#### [SOURCE MATERIAL]

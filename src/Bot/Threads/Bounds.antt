-- ===== src/Bot/Threads/Bounds.antt =====
-- How long a session of the program can go on once its context has ended.
use minecraft_afk_bot.Bot.Backoff.{Duration}
use minecraft_afk_bot.Bot.Session.Steps
use minecraft_afk_bot.Bot.Session.Steps.{Stage, Progress, Event, entered}
use minecraft_afk_bot.Bot.Session.Steps.Bounds.{height_le, to_cut_le, rank, Lowers, step_at-Lowers}
use minecraft_afk_bot.Bot.System
use minecraft_afk_bot.Bot.System.{Place, in_session, System, spawn, spawn_in}
use minecraft_afk_bot.Bot.Threads.{
  Threads, with_session, inside, call_back, stepped, inside_in, step, run,
}
use minecraft_afk_bot.Bot.Threads.Runs.{Ensured, continue-some}
use minecraft_afk_bot.Gophertunnel.{Constants}
use minecraft_afk_bot.Mcproto.{Protocol}
use minecraft_afk_bot.Presence.Api.{Api}
use minecraft_afk_bot.Prelude.{
  length, ℕ, ◌≡◌, ◌≤◌, ◌<◌, ◌+◌, sym, subst, true, List, [], ◌∷◌, map, Option, none, some, arith,
  some-injective,
}

module _ {Position Schema : Type 0} (api : Api) (lo hi : Duration) (k : Constants) (v : ℕ)
    (baked : Protocol Schema) where
  -- A session whose context has ended, with fewer than `n` steps before it.
  abbrev IsEnding : ℕ → Threads Position → Type 0
  IsEnding n t = (t.system.world.session_done ≡ true) × (rank t.session < n)

  spawn_in-IsEnding :
      (n : ℕ) (q : Place) (s : System) (p : Progress Position)
      → s.world.session_done ≡ true
      → rank p < n
      → Ensured (IsEnding n) (with_session p (spawn_in q s))
  unfolding spawn_in
  spawn_in-IsEnding n in_session s p done low = (done, low)
  spawn_in-IsEnding n _ s p done low = tt

  stepped-IsEnding :
      (n : ℕ) (event : Event Position) (s : System) (o : Option (Progress Position))
      → s.world.session_done ≡ true
      → Lowers n o
      → Ensured (IsEnding n) (stepped api lo hi event s o)
  unfolding stepped call_back System.step
  stepped-IsEnding n event s none done low = tt
  stepped-IsEnding n (entered none xuid) s (some p) done low =
      spawn_in-IsEnding n s.place s p done low
  stepped-IsEnding n event s (some p) done low = (done, low)

  inside_in-IsEnding :
      (event : Event Position) (q : Place) (t : Threads Position)
      → t.system.world.session_done ≡ true
      → Ensured (IsEnding (rank t.session)) (inside_in api lo hi k v baked event q t)
  unfolding inside_in Steps.step
  inside_in-IsEnding event in_session t done =
      let p = t.session in
      stepped-IsEnding (rank p) event t.system
        (Steps.step_at k v baked t.system.world.session_done p.stage event p) done
        (subst (λ b. Lowers (rank p) (Steps.step_at k v baked b p.stage event p)) (sym done)
          (step_at-Lowers k v baked p.stage event p))
  inside_in-IsEnding event _ t done = tt

  run-rank :
      (events : List (Event Position)) (t u : Threads Position)
      → t.system.world.session_done ≡ true
      → run api lo hi k v baked (map inside events) t ≡ some u
      → length events + rank u.session ≤ rank t.session
  unfolding run step
  run-rank [] t u done e =
      subst (λ x. 0 + rank x.session ≤ rank t.session) (some-injective t u e) (omega arith)
  run-rank (event ∷ events) t u done e =
      let (w, moved, rest) =
        continue-some api lo hi k v baked (inside_in api lo hi k v baked event t.system.place t)
          (run api lo hi k v baked (map inside events)) u e in
      let ending =
        subst (Ensured (IsEnding (rank t.session))) moved
          (inside_in-IsEnding event t.system.place t done) in
      omega (arith, ending.1, run-rank events w u ending.0 rest)

  -- Once the context of a session has ended, by a park or by the end of the process, the session
  -- takes at most six more steps in a row, the close by `AfterFunc` among them, however far it is,
  -- whatever the server sends and whatever its calls return.
  pub ended-steps :
      (events : List (Event Position)) (t u : Threads Position)
      → t.system.world.session_done ≡ true
      → run api lo hi k v baked (map inside events) t ≡ some u
      → length events ≤ 6
  ended-steps events t u done e =
      omega
        (arith, run-rank events t u done e, height_le t.session.stage, to_cut_le t.session.is_cut)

#### [PROBLEM TO SOLVE]
Show me each line of the listing above with "injective" in it.

#### [YOUR SOLUTION]
  some-injective,
      subst (λ x. 0 + rank x.session ≤ rank t.session) (some-injective t u e) (omega arith)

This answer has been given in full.